If you build it, they will come


Workforce issues and the independent hotelier

Have you ever heard the saying “When one door closes, another one opens”? When it comes to the subject of labor, hoteliers might feel like that door has been closed for too long with no immediate alternatives having opened up in the meantime.
Sure, the hospitality industry has gained some jobs recently, but the shortfall is still very significant. We’ve lost more than we’ve gained, and that pain can be especially sharp for the independent hotelier.

Thanks to their deep pockets and vast resources – as we all know quite well – franchised properties often are able to offer discounts across the brand for workers, while also offering expanded benefits, competitive pay, and more. So, how does an independent hotel attract, let alone retain, the labor when we feel like this often is a David vs. Goliath battle?

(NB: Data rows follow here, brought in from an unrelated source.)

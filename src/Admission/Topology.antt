-- ===== src/Admission/Topology.antt =====
-- `validateTopologyImmutable` and `applyTopologyDefaults`.
use vast_csi.Prelude.{
  ℕ, suc, String, Bool, true, false, not, ◌&&◌, ◌||◌, Option, none, some, List, [], ◌∷◌, length,
  ◌==◌, str_eq, if◌then◌else◌,
}
use vast_csi.Spec.Types.{ReplicationTarget}
use vast_csi.Admission.{Response, denied, allow, entries_changed, ends_changed, dir_changed}

-- The loop over two topologies of the same length, from entry `i`.
unfoldable pub check_shape : ℕ → List ReplicationTarget → List ReplicationTarget → Response
check_shape i [] ns = allow
check_shape i (o ∷ os) [] = allow
check_shape i (o ∷ os) (n ∷ ns) =
    let rest = check_shape (suc i) os ns in
    if not (str_eq o.source n.source) || not (str_eq o.destination n.destination)
    then denied (ends_changed i)
    else if not (str_eq o.target_exported_dir n.target_exported_dir)
    then denied (dir_changed i)
    else rest

unfoldable pub validate_topology_immutable :
    List ReplicationTarget → List ReplicationTarget → Response
validate_topology_immutable old_topology new_topology =
    if length old_topology == length new_topology
    then check_shape 0 old_topology new_topology
    else denied entries_changed

-- The `peerName` of the object as it was sent: the JSON text of the field, empty where it is absent.
abbrev pub is_unset : String → Bool
is_unset orig_peer = str_eq orig_peer "" || str_eq orig_peer "\"\"" || str_eq orig_peer "null"

module _ (marshal : String → String) where
  -- The loop of `applyTopologyDefaults`: the entries, and whether one of them changed.
  unfoldable pub default_entries : List String → List ReplicationTarget → List String × Bool
  default_entries entries [] = (entries, false)
  default_entries [] (t ∷ ts) = ([], false)
  default_entries (orig_peer ∷ entries) (t ∷ ts) =
      let rest = default_entries entries ts in
      if is_unset orig_peer && not (str_eq t.peer_name "")
      then (marshal t.peer_name ∷ rest.0, true)
      else (orig_peer ∷ rest.0, rest.1)

  -- none where nothing changed.
  unfoldable pub apply_topology_defaults :
      List String → List ReplicationTarget → Option (List String)
  apply_topology_defaults entries topology =
      let result = default_entries entries topology in if result.1 then some result.0 else none
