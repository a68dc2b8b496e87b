-- ===== src/Admission/Clients.antt =====
-- `validateAndDefaultTopology`: a client for each StorageClass of the topology, the peers, and the
-- patch.
use vast_csi.Prelude.{
  String, Bool, Option, none, some, List, [], ◌∷◌, Result, ok, err, lookup, insert, ◌>>=◌,
}
use vast_csi.Spec.Types.{ReplicationTarget}
use vast_csi.K8s.{StorageClass}
use vast_csi.Vms.Peers.{
  TopologyError, invalid, list_failed, fetch_failed, no_client, resolve_and_fetch_topology_peers,
}
use vast_csi.Admission.{Response, allowed, denied, errored, class_not_found, invalid_peer}
use vast_csi.Admission.Topology.{apply_topology_defaults}

-- What the webhook reads of the outside.
pub record Outside (Rest E : Type 0) : Type 0 where
  pub get_storage_class : String → Option StorageClass
  pub new_from_storage_class : StorageClass → Option Rest
  pub list_peers : Rest → Option (List String) → Result E (List String)
  -- The view of that name exists, for that tenant where it is not empty.
  pub view_exists : Rest → String → String → Option Bool
  -- The StorageClass of the PVC `ns/name`, if there is such a PVC.
  pub get_pvc : String → String → Option (Option String)
  pub marshal : String → String

module _ {Rest E : Type 0} (outside : Outside Rest E) where
  -- The body of the inner loop over the two StorageClasses of an entry.
  unfoldable pub client_for : List (String × Rest) → String → Result Response (List (String × Rest))
  client_for clients sc_name = elim (lookup sc_name clients) [
    | some _ ↦ ok clients
    | none ↦ elim (outside.get_storage_class sc_name) [
      | none ↦ err (denied (class_not_found sc_name))
      | some sc ↦ elim (outside.new_from_storage_class sc) [
        | none ↦ err errored
        | some rest ↦ ok (insert sc_name rest clients)
      ]
    ]
  ]

  unfoldable pub clients_for :
      List (String × Rest) → List ReplicationTarget → Result Response (List (String × Rest))
  clients_for clients [] = ok clients
  clients_for clients (t ∷ ts) = client_for clients t.source >>= λ with_source.
      client_for with_source t.destination >>= λ with_both. clients_for with_both ts

  -- The answer to an error of `ResolveAndFetchTopologyPeers`: only a ValidationError is a denial.
  abbrev pub resolve_failure : TopologyError E → Response
  resolve_failure (invalid i e) = denied (invalid_peer i e)
  resolve_failure (list_failed _ _) = errored
  resolve_failure (fetch_failed _ _) = errored
  resolve_failure (no_client _) = errored

  -- The answer, and the topology as the call leaves it.
  unfoldable pub default_response :
      List String
      → List ReplicationTarget × Result (TopologyError E) (Unit {0})
      → Response × List ReplicationTarget
  default_response entries (topology, err e) = (resolve_failure e, topology)
  default_response entries (topology, ok _) =
      (allowed (apply_topology_defaults outside.marshal entries topology), topology)

  unfoldable pub validate_and_default_topology :
      List String → List ReplicationTarget → Response × List ReplicationTarget
  validate_and_default_topology entries topology = elim (clients_for [] topology) [
    | err response ↦ (response, topology)
    | ok clients ↦
        default_response entries
          (resolve_and_fetch_topology_peers outside.list_peers clients topology)
  ]
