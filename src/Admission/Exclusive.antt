-- ===== src/Admission/Exclusive.antt =====
-- No StorageClass is claimed twice.
use vast_csi.Prelude.{
  String, Bool, true, false, not, ◌&&◌, ◌||◌, ◌≡◌, refl, sym, ap, ◌∙◌, ◌↔◌, some, List, [], ◌∷◌,
  arith, any, All, All-map, has, str_eq, lookup, insert, lookup-insert, has_key, Bool-cases, inl,
  inr,
}
use vast_csi.Spec.Classes.{all_storage_classes}
use vast_csi.Admission.{is_allowed}
use vast_csi.Admission.Claims.{
  Kind, vscr, vvr, Replication, Self, Owner, is_self, mark_used, mark_objects, check_unused,
  validate,
}

has_key-insert :
    (j k : String) (v : Owner) (m : List (String × Owner))
    → has_key j (insert k v m) ≡ (str_eq k j || has_key j m)
has_key-insert j k v m = ground (arith, lookup-insert k j v m)

has_key-mark_used :
    (sc : String) (owner : Owner) (used : List (String × Owner)) (classes : List String)
    → has_key sc (mark_used owner used classes) ≡ (has sc classes || has_key sc used)
unfolding mark_used has
has_key-mark_used sc owner used [] = refl
has_key-mark_used sc owner used (c ∷ classes) =
    has_key-mark_used sc owner (insert c owner used) classes
    ∙ ground (arith, has_key-insert sc c owner used)

-- The object is another one than that under admission, and the StorageClass is in its topology.
abbrev pub claims : Self → Kind → String → Replication → Bool
claims self kind sc r =
    not (is_self self kind r) && has sc (all_storage_classes r.protection_topology)

has_key-mark_objects :
    (sc : String) (self : Self) (kind : Kind) (used : List (String × Owner)) (rs : List Replication)
    → has_key sc (mark_objects self kind used rs)
      ≡ (any (claims self kind sc) rs || has_key sc used)
unfolding mark_objects
has_key-mark_objects sc self kind used [] = refl
has_key-mark_objects sc self kind used (r ∷ rs) =
    let marked =
      has_key-mark_used sc (kind, r.namespace, r.name) used
        (all_storage_classes r.protection_topology) in
    elim (Bool-cases (is_self self kind r)) [
      | inl e ↦ rw e (has_key-mark_objects sc self kind used rs)
      | inr e ↦ rw e (
          has_key-mark_objects sc self kind
            (mark_used (kind, r.namespace, r.name) used (all_storage_classes r.protection_topology))
            rs
          ∙ ground arith)
    ]

check_unused_iff :
    (used : List (String × Owner)) (classes : List String)
    → (is_allowed (check_unused used classes) ≡ true) ↔ All (λ sc. has_key sc used ≡ false) classes
unfolding check_unused
check_unused_iff used [] = (λ _. tt, λ _. refl)
check_unused_iff used (sc ∷ classes) =
    let (there, back) = check_unused_iff used classes in ground arith

-- No other object has the StorageClass in its topology.
abbrev pub IsUnclaimed : List Replication → List Replication → Self → String → Type 0
IsUnclaimed vscrs vvrs self sc =
    (any (claims self vvr sc) vvrs || any (claims self vscr sc) vscrs) ≡ false

-- Once both lists have been read, `validate` admits an object exactly when none of its StorageClasses
-- is in the topology of a VSCR or a VVR other than itself.
pub validate_iff :
    (vscrs vvrs : List Replication) (self : Self) (storage_classes : List String)
    → (is_allowed (validate (some vscrs) (some vvrs) self storage_classes) ≡ true)
      ↔ All (IsUnclaimed vscrs vvrs self) storage_classes
unfolding validate lookup
validate_iff vscrs vvrs self storage_classes =
    let used = mark_objects self vvr (mark_objects self vscr [] vscrs) vvrs in
    let all : (sc : String)
        → has_key sc used ≡ (any (claims self vvr sc) vvrs || any (claims self vscr sc) vscrs) =
      λ sc.
        has_key-mark_objects sc self vvr (mark_objects self vscr [] vscrs) vvrs
        ∙ ap (λ b. any (claims self vvr sc) vvrs || b)
            (has_key-mark_objects sc self vscr [] vscrs ∙ ground arith) in
    let (there, back) = check_unused_iff used storage_classes in
    (
      λ h. All-map storage_classes (λ sc e. sym (all sc) ∙ e) (there h),
      λ p. back (All-map storage_classes (λ sc e. all sc ∙ e) p),
    )
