-- ===== src/Admission/Storage.antt =====
-- `validateStorageClassConsistency`, `validateSubsystemLevelTenantName`, `validateSubsystemPresence`
-- and `validateVVRPVCStorageClass`.
use vast_csi.Prelude.{
  String, Bool, true, false, not, Option, none, some, List, [], ◌∷◌, str_eq, get_str, if◌then◌else◌,
}
use vast_csi.K8s.{StorageClass, is_block_storage_class}
use vast_csi.Admission.{
  Response, denied, errored, allow, class_not_found, no_pvc, pvc_without_class, pvc_of_other_class,
  mixed_drivers, missing_tenant_name, missing_subsystem, subsystem_absent, subsystem_exists,
}
use vast_csi.Admission.Clients.{Outside}

-- `==` on booleans
abbrev pub same_bool : Bool → Bool → Bool
same_bool true b = b
same_bool false b = not b

module _ {Rest E : Type 0} (outside : Outside Rest E) where
  unfoldable pub check_drivers : Bool → List String → Response
  check_drivers first_is_block [] = allow
  check_drivers first_is_block (sc_name ∷ more) =
      let rest = check_drivers first_is_block more in
      elim (outside.get_storage_class sc_name) [
        | none ↦ denied (class_not_found sc_name)
        | some sc ↦
            if same_bool (is_block_storage_class sc) first_is_block
            then rest
            else denied (mixed_drivers sc_name)
      ]

  unfoldable pub validate_storage_class_consistency : List String → Response
  validate_storage_class_consistency [] = allow
  validate_storage_class_consistency (first ∷ []) = allow
  validate_storage_class_consistency (first ∷ second ∷ more) =
      elim (outside.get_storage_class first) [
        | none ↦ denied (class_not_found first)
        | some sc ↦ check_drivers (is_block_storage_class sc) (second ∷ more)
      ]

  unfoldable pub validate_subsystem_level_tenant_name : String → List String → Response
  validate_subsystem_level_tenant_name primary_sc_name [] = allow
  validate_subsystem_level_tenant_name primary_sc_name (sc_name ∷ more) =
      let rest = validate_subsystem_level_tenant_name primary_sc_name more in
      if str_eq sc_name primary_sc_name then rest else elim (outside.get_storage_class sc_name) [
        | none ↦ denied (class_not_found sc_name)
        | some sc ↦
            if str_eq (get_str "tenant_name" sc.parameters) ""
            then denied (missing_tenant_name sc_name)
            else rest
      ]

  -- The answer on the view of one StorageClass.
  abbrev pub presence_answer : String → Bool → Option Bool → Response → Response
  presence_answer sc_name must_exist none rest = errored
  presence_answer sc_name true (some true) rest = rest
  presence_answer sc_name true (some false) rest = denied (subsystem_absent sc_name)
  presence_answer sc_name false (some true) rest = denied (subsystem_exists sc_name)
  presence_answer sc_name false (some false) rest = rest

  -- One StorageClass that exists; `rest` is the answer on those after it.
  unfoldable pub check_presence : String → Bool → StorageClass → Response → Response
  check_presence sc_name must_exist sc rest =
      let subsystem_name = get_str "subsystem" sc.parameters in
      if not (is_block_storage_class sc)
      then rest
      else if str_eq subsystem_name ""
      then denied (missing_subsystem sc_name)
      else elim (outside.new_from_storage_class sc) [
        | none ↦ errored
        | some client ↦
            presence_answer sc_name must_exist
              (outside.view_exists client subsystem_name (get_str "tenant_name" sc.parameters)) rest
      ]

  unfoldable pub validate_subsystem_presence : List String → Bool → Response
  validate_subsystem_presence [] must_exist = allow
  validate_subsystem_presence (sc_name ∷ more) must_exist =
      let rest = validate_subsystem_presence more must_exist in
      elim (outside.get_storage_class sc_name) [
        | none ↦ denied (class_not_found sc_name)
        | some sc ↦ check_presence sc_name must_exist sc rest
      ]

  unfoldable pub validate_vvr_pvc_storage_class : String → String → String → Response
  validate_vvr_pvc_storage_class ns volume_name primary = elim (outside.get_pvc ns volume_name) [
    | none ↦ denied no_pvc
    | some none ↦ denied pvc_without_class
    | some (some sc_name) ↦
        if str_eq sc_name ""
        then denied pvc_without_class
        else if str_eq sc_name primary
        then allow
        else denied pvc_of_other_class
  ]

Demonstrating a character trait shared by many in this segment of the industry, independent operators are consistently on the lookout for ways to autonomously extend their personalities, ideas, and culture, while putting their own stamp on their properties. And in today’s economy, especially considering the limited labor pool in which we all operate, it’s perhaps more relevant than ever for independent hoteliers to create that culture at our properties. Surely, we’ve all seen owners becoming ever-more creative when it comes to finding, hiring, and – perhaps most importantly – retaining reliable, talented, and dedicated workers to staff our properties.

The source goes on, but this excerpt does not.